Segundo Carlos Vieira, Minas Gerais tem peso importante nesse cenário. “Minas Gerais tem uma participação muito importante nesse contexto. De 10 a 12% de tudo que a Caixa colocou de crédito imobiliário foi em Minas Gerais”, afirmou. Ele garantiu ainda que o atendimento ao mercado imobiliário mineiro e de Belo Horizonte está normalizado.
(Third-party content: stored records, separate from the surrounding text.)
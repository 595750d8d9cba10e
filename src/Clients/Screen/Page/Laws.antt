-- ===== src/Clients/Screen/Page/Laws.antt =====
-- The rows that the list of clients shows, and the label that counts them.
use ahmed_sila.Base.{
  ℕ, zero, suc, ◌+◌, ◌-◌, ◌*◌, ◌<◌, min, ◌≡◌, refl, ap, Bool, true, false, not, Option, none, some,
  List, [], ◌∷◌, ◌++◌, map, take, drop, length, length-take, length-drop, ◌⊎◌, inl, inr, Member,
  All, arith,
}
use ahmed_sila.Text.{Text, txt}
use ahmed_sila.Text.Decimal.{show}
use ahmed_sila.Markup.{Gesture, gives, join, Markup, metrics, empty_state}
use ahmed_sila.Markup.Laws.{Offers, Allowed, gives-Allowed, All-append, All-join, button-Offers}
use ahmed_sila.Tickets.Screen.{Query}
use ahmed_sila.Clients.Types.{Client, ClientFilter}
use ahmed_sila.Clients.Screen.{
  State, range_label, page_sizes, set_filter, set_query, set_page_size, show_all, rows_of,
  first_row, last_row, clients_of, filter_of, view, View, error_state, skeleton, no_clients,
  no_matches, table,
}
use ahmed_sila.Clients.Table.{Cell, metric_cells, linked, status_dot, plain, divider, actions}
use ahmed_sila.Clients.Queries.{count_by_status}
use ahmed_sila.Base.Int.{ℤ}
use ahmed_sila.Clients.Screen.Page.{
  Paging, PageState, top, no_delta, chips_row, density_row, cell_nodes, header_nodes, row_nodes,
  clients_table, body, footer, start, Event, search_for, filter_by, choose_density, choose_size,
  show_everyone, create_client, previous_page, next_page, refetch, page_of, page, act, answer,
  visit,
}

-- What the table library's documentation says of pages.
pub record IsDocumented (p : Paging) : Type 0 where
  pub rows_lem :
      (i size : ℕ) (cs : List Client) → p.page_rows i size cs ≡ take size (drop (i * size) cs)
  -- there is a next page where some row stands after this one
  pub can_next_lem :
      (i size : ℕ) (cs : List Client) → p.can_next i size cs ≡ true → (i + 1) * size < length cs
  pub previous_lem : (i : ℕ) → p.previous_index i ≡ i - 1
  pub next_lem : (i : ℕ) → p.next_index i ≡ i + 1

-- The page is one of the choices' size, and there are rows on it, or it is the first.
abbrev pub IsOnRows : State → ℕ → Type 0
IsOnRows st n =
    Member st.page_size page_sizes × ((st.page_index ≡ 0) ⊎ (st.page_index * st.page_size < n))

on_rows_shown :
    (i size : ℕ) (cs : List Client)
    → Member size page_sizes
    → (i ≡ 0) ⊎ (i * size < length cs)
    → 0 < length cs
    → (0 < length (take size (drop (i * size) cs)))
      × (i * size + length (take size (drop (i * size) cs)) ≡ min (length cs) ((i + 1) * size))
on_rows_shown i size cs m h p =
    let n = length-drop (i * size) cs in
    let k = length-take size (drop (i * size) cs) in ground (arith, m, h, p, n, k)

-- The label of so many rows from the one with that number on.
abbrev pub label_at : (first count all : ℕ) → Text
label_at first count all =
    show first ++ (0x2013 ∷ (show (first + count - 1) ++ (txt " из " ++ show all)))

range_label-label_at :
    (st : State) (n count : ℕ)
    → 0 < n
    → st.page_index * st.page_size + count ≡ last_row st n
    → range_label st n ≡ label_at (first_row st) count n
unfolding range_label
range_label-label_at st zero count p e = ground arith
range_label-label_at st (suc n) count p e =
    let k : last_row st (suc n) ≡ first_row st + count - 1 = omega (arith, e) in
    ap (λ k. show (first_row st) ++ (0x2013 ∷ (show k ++ (txt " из " ++ show (suc n))))) k

back_on_rows :
    (i size n : ℕ)
    → Member size page_sizes
    → (i ≡ 0) ⊎ (i * size < n)
    → (i - 1 ≡ 0) ⊎ ((i - 1) * size < n)
back_on_rows i size n m h = ground (arith, m, h)

-- The button of the next page is offered only where the table has one, and each size is one of three.
abbrev R : Paging → State → List Client → Event → Type 0
R paging st rows next_page = paging.can_next st.page_index st.page_size rows ≡ true
R paging st rows (choose_size n) = Member n page_sizes
R paging st rows _ = Unit {0}

holds_when_enabled : (b : Bool) → not b ≡ false → b ≡ true
holds_when_enabled b h = ground (arith, h)

module _ (number : ℕ → Text) (relative date : Text → Text) (lower : Text → Text) (paging : Paging)
    (cs : List Client) where
  abbrev rows : PageState → List Client
  unfolding rows_of
  rows st = rows_of lower st.list cs

  step-IsOnRows :
      (st : PageState) (e : Event)
      → IsDocumented paging
      → R paging st.list (rows st) e
      → IsOnRows st.list (length (rows st))
      → IsOnRows (act paging e st).list (length (rows (act paging e st)))
  unfolding act rows_of set_filter set_query set_page_size show_all
  step-IsOnRows st (search_for t) d r (m, h) = (m, inl refl)
  step-IsOnRows st (filter_by f) d r (m, h) = (m, inl refl)
  step-IsOnRows st (choose_density cozy) d r h = h
  step-IsOnRows st (choose_size n) d r h = (r, inl refl)
  step-IsOnRows st show_everyone d r (m, h) = (m, inl refl)
  step-IsOnRows st create_client d r h = h
  step-IsOnRows st previous_page d r (m, h) = (
    m,
    rw (d.previous_lem st.list.page_index)
        (back_on_rows st.list.page_index st.list.page_size (length (rows st)) m h),
  )
  step-IsOnRows st next_page d r (m, h) = (
    m,
    rw (d.next_lem st.list.page_index)
        (inr (d.can_next_lem st.list.page_index st.list.page_size (rows st) r)),
  )
  step-IsOnRows st refetch d r h = h

  answer-IsOnRows :
      (o : Option Event) (st : PageState)
      → IsDocumented paging
      → Allowed (R paging st.list (rows st)) o
      → IsOnRows st.list (length (rows st))
      → IsOnRows (answer paging o st).list (length (rows (answer paging o st)))
  answer-IsOnRows none st d r h = h
  answer-IsOnRows (some e) st d r h = step-IsOnRows st e d r h

  -- Everything that the parts give is allowed.
  abbrev Keeps : PageState → Markup Event → Type 0
  Keeps st m = All (Offers (R paging st.list (rows st))) m

  metrics-Offers :
      (st : PageState) (loading : Bool) (ms : List (Text × ℕ × Option ℤ))
      → Keeps st (metrics number loading ms)
  metrics-Offers st loading [] = tt
  metrics-Offers st true ((label, value, delta) ∷ ms) = (tt, (tt, metrics-Offers st true ms))
  metrics-Offers st false ((label, value, none) ∷ ms) = (tt, (tt, metrics-Offers st false ms))
  metrics-Offers st false ((label, value, some d) ∷ ms) =
      (tt, (tt, (tt, metrics-Offers st false ms)))

  chips-Offers :
      (st : PageState) (f : ClientFilter)
      → Keeps st (chips_row number relative date lower paging f cs)
  chips-Offers st f = ground arith

  density-Offers :
      (st : PageState) (cozy : Bool) → Keeps st (density_row number relative date lower paging cozy)
  density-Offers st cozy = ground arith

  cell-Offers : (st : PageState) (k : Cell) → Keeps st (cell_nodes k)
  cell-Offers st (linked (path, name, none)) = ground arith
  cell-Offers st (linked (path, name, some t)) = ground arith
  cell-Offers st (status_dot s) = ground arith
  cell-Offers st (plain t) = ground arith
  cell-Offers st divider = ground arith
  cell-Offers st (actions card suspension label) = ground arith

  row-Offers :
      (st : PageState) (c : Client)
      → Keeps st (row_nodes number relative date lower paging st.cozy c)
  row-Offers st c = ground arith

  table-Offers :
      (st : PageState) (us : List Client)
      → Keeps st (clients_table number relative date lower paging st us)
  unfolding page_of clients_table
  table-Offers st us =
      let head : Keeps st (header_nodes number relative date lower paging st.cozy) = ground arith in
      All-append (R paging st.list (rows st))
        (header_nodes number relative date lower paging st.cozy)
        (join
          (map (row_nodes number relative date lower paging st.cozy) (page_of paging st.list us)))
        head
        (All-join (R paging st.list (rows st)) (row_nodes number relative date lower paging st.cozy)
          (page_of paging st.list us) (row-Offers st))

  empty-Offers :
      (st : PageState) (name hint label : Text) (e : Event)
      → R paging st.list (rows st) e
      → Keeps st
          (clients_table number relative date lower paging st [] ++ empty_state name hint label e)
  empty-Offers st name hint label e r =
      let rest : Keeps st (empty_state name hint label e) = (tt, (tt, (r, tt))) in
      All-append (R paging st.list (rows st))
        (clients_table number relative date lower paging st []) (empty_state name hint label e)
        (table-Offers st []) rest

  body-Offers : (st : PageState) (v : View) → Keeps st (body number relative date lower paging st v)
  body-Offers st error_state = ground arith
  body-Offers st skeleton = ground arith
  body-Offers st no_clients =
      empty-Offers st (txt "Пока нет клиентов")
        (txt "Добавьте первого клиента, чтобы начать работу.") (txt "Создать клиента") create_client
        tt
  body-Offers st (no_matches name) =
      empty-Offers st name (txt "Измените фильтр или уточните запрос.") (txt "Показать всех")
        show_everyone tt
  body-Offers st (table us) = table-Offers st us

  footer-Offers :
      (st : PageState) → Keeps st (footer number relative date lower paging st.list (rows st))
  unfolding rows_of
  footer-Offers st =
      let next =
        button-Offers (R paging st.list (rows st)) (txt "Вперёд")
          (not (paging.can_next st.list.page_index st.list.page_size (rows st))) next_page
          (holds_when_enabled (paging.can_next st.list.page_index st.list.page_size (rows st))) in
      let previous =
        button-Offers (R paging st.list (rows st)) (txt "Назад")
          (not (paging.can_previous st.list.page_index st.list.page_size (rows st))) previous_page
          (λ h. tt) in
      (tt, (inl refl, (inr (inl refl), (inr (inr (inl refl)), (tt, (previous, (next, tt)))))))

  top-Offers :
      (st : PageState) (q : Query (List Client))
      → Keeps st (top number relative date lower paging st q)
  top-Offers st q = (
    (λ t. tt),
    (
      tt,
      (
        tt,
        (
          tt,
          metrics-Offers st q.is_pending (
              map (no_delta number relative date lower paging)
                (metric_cells (count_by_status (clients_of q.data_found)))),
        ),
      ),
    ),
  )

-- The parts of the page in their order.
module _ (number : ℕ → Text) (relative date : Text → Text) (lower : Text → Text) (paging : Paging)
    (q : Query (List Client)) where
  abbrev pub cs : List Client
  cs = clients_of q.data_found

  abbrev pub shown_rows : PageState → List Client
  unfolding rows_of
  shown_rows st = rows_of lower st.list cs

  abbrev Sound : PageState → Event → Type 0
  Sound st = R paging st.list (shown_rows st)

  abbrev drawn : PageState → Markup Event
  unfolding page
  drawn st = page number relative date lower paging st q

  page-Offers : (st : PageState) → All (Offers (Sound st)) (drawn st)
  unfolding page
  page-Offers st =
      let v = view lower st.list q.data_found q.is_pending q.is_error in
      let t = top number relative date lower paging st q in
      let c = chips_row number relative date lower paging (filter_of st.list) cs in
      let d = density_row number relative date lower paging st.cozy in
      let b = body number relative date lower paging st v in
      let f = footer number relative date lower paging st.list (shown_rows st) in
      let keeps_f = footer-Offers number relative date lower paging cs st in
      let keeps_b = body-Offers number relative date lower paging cs st v in
      let keeps_d = density-Offers number relative date lower paging cs st st.cozy in
      let keeps_c = chips-Offers number relative date lower paging cs st (filter_of st.list) in
      let keeps_t = top-Offers number relative date lower paging cs st q in
      All-append (Sound st) t (c ++ (d ++ (b ++ f))) keeps_t (
        All-append (Sound st) c (d ++ (b ++ f)) keeps_c
          (All-append (Sound st) d (b ++ f) keeps_d (All-append (Sound st) b f keeps_b keeps_f)))

  visit-IsOnRows :
      (gs : List Gesture) (st : PageState)
      → IsDocumented paging
      → IsOnRows st.list (length (shown_rows st))
      → let end = visit number relative date lower paging q gs st in
        IsOnRows end.list (length (shown_rows end))
  unfolding visit
  visit-IsOnRows [] st d h = h
  visit-IsOnRows (g ∷ gs) st d h = visit-IsOnRows gs (answer paging (gives g (drawn st)) st) d (
      answer-IsOnRows number relative date lower paging cs (gives g (drawn st)) st d
        (gives-Allowed (Sound st) g (drawn st) (page-Offers st)) h)

  abbrev pub end : List Gesture → Option Text → PageState
  unfolding visit
  end gs param = visit number relative date lower paging q gs (start param)

  -- The rows of the table's page at the end.
  abbrev pub shown : List Gesture → Option Text → List Client
  unfolding page_of
  shown gs param = page_of paging (end gs param).list (shown_rows (end gs param))

  -- Where the table library pages as its documentation says: after any gestures on the list of clients as it is drawn,
  -- while the query's answer stays, if some client matches the filter and the search then the table
  -- shows at least one, and the label under it names the first and the last of those shown.
  pub visit-page_of :
      (gs : List Gesture) (param : Option Text)
      → IsDocumented paging
      → 0 < length (shown_rows (end gs param))
      → (0 < length (shown gs param))
        × (range_label (end gs param).list (length (shown_rows (end gs param)))
            ≡ label_at
                (first_row (end gs param).list)
                (length (shown gs param))
                (length (shown_rows (end gs param))))
  unfolding visit page_of
  visit-page_of gs param d p =
      let (m, h) = visit-IsOnRows gs (start param) d (inl refl, inl refl) in
      let st = (end gs param).list in
      let all = shown_rows (end gs param) in
      let (some_shown, count) = on_rows_shown st.page_index st.page_size all m h p in
      rw (d.rows_lem st.page_index st.page_size all) (
        some_shown,
        range_label-label_at st (length all)
            (length (take st.page_size (drop (st.page_index * st.page_size) all))) p count,
      )
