-- ===== src/Clients/Store/Tests.antt =====
-- Instances of the laws of the store of clients.
use ahmed_sila.Base.{ℕ, ◌≡◌, refl, inl, none, some, List, [], ◌∷◌, arith}
use ahmed_sila.Text.{Text, txt, text_eq}
use ahmed_sila.Text.Decimal.{show}
use ahmed_sila.Dict
use ahmed_sila.Clients.Types.{trial, starter, ClientDetail, NewClient}
use ahmed_sila.Clients.Store.{Store, get_client}
use ahmed_sila.Clients.Store.Invariant.{Call, creates, suspends, removes, IsSound, run, run-IsSound}
use ahmed_sila.Clients.Store.Refinement.{answers, replay, seen, Represents, run_refines}

-- `toLowerCase` on texts with no capitals, and an `toISOString` that writes the number.
abbrev pub lower : Text → Text
lower s = s

abbrev draw : ℕ → ℕ
draw k = 4503599627370496

abbrev pub order : NewClient
order = record {
  name = txt "родник";
  address = txt "Актау, ул. Жамбыла 7";
  owner_name = txt "Алия";
  phone = txt "+7 701 000 00 00";
  email = txt "a@rodnik.kz";
  plan = starter;
  trial_days = 14;
}

abbrev empty : Store
empty = record { clients = []; tickets = []; journal = []; next_id = 1 }

abbrev pub rodnik : ClientDetail
rodnik = record {
  client = record {
    id = txt "1";
    name = txt "родник";
    city = txt "Актау";
    status = trial;
    plan = starter;
    employees = 9;
    last_active_at = txt "2026-08-01";
    created_at = txt "2026-07-31";
    trial_ends_at = some (txt "2026-08-14");
  };
  address = txt "Актау, ул. Жамбыла 7";
  owner_name = txt "Алия";
  phone = txt "+7 701 000 00 00";
  email = txt "a@rodnik.kz";
  open_tickets = 0;
  suspended_reason = none;
  activation_code = none;
}

abbrev pub one_client : Store
one_client = record { clients = (txt "1", rodnik) ∷ []; tickets = []; journal = []; next_id = 2 }

first_id : show 1 ≡ txt "1"
unfolding show
first_id = refl

found : get_client (txt "1") one_client ≡ some rodnik
unfolding get_client Dict.get text_eq
found = refl

one_client-IsSound : IsSound one_client
unfolding show Dict.get
one_client-IsSound = record {
  entries = ((refl, inl refl, (1, refl, omega arith)), tt);
  distinct = (refl, tt);
}

abbrev history : List (ℕ × (ℕ → ℕ) × Call)
history =
    (10, draw, creates order)
    ∷ (20, draw, suspends (txt "1") (txt "долг"))
    ∷ (30, draw, removes (txt "2"))
    ∷ []

run-IsSound_example : IsSound (run lower show one_client history)
run-IsSound_example = run-IsSound lower show one_client history one_client-IsSound

run_refines_example :
    (answers lower show one_client history ≡ (replay lower show (seen one_client) history).0)
    × Represents (run lower show one_client history) (replay lower show (seen one_client) history).1
run_refines_example = run_refines lower show one_client (seen one_client) history (record {
  clients_agree = λ j. refl;
  tickets_agree = λ j. refl;
  journal_agree = λ j. refl;
  next_agrees = refl;
})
Agências físicas e situação do FGTS
Questionado sobre o fechamento de agências, Vieira explicou que o banco faz uma “racionalização” nos grandes centros, para evitar unidades muito próximas umas das outras. Por outro lado, a expansão segue em regiões sem atendimento bancário.
“Se você tem no universo territorial brasileiro uma aglomeração de 100 mil habitantes e lá não tem banco, a Caixa vai estar presente”, afirmou.
Sobre o FGTS, o presidente disse que a situação está regularizada após mudanças feitas pelo Ministério do Trabalho. “Esse princípio está restabelecido: o FGTS ser uma poupança para o trabalhador, seja para a aposentadoria ou para uso na habitação”, concluiu.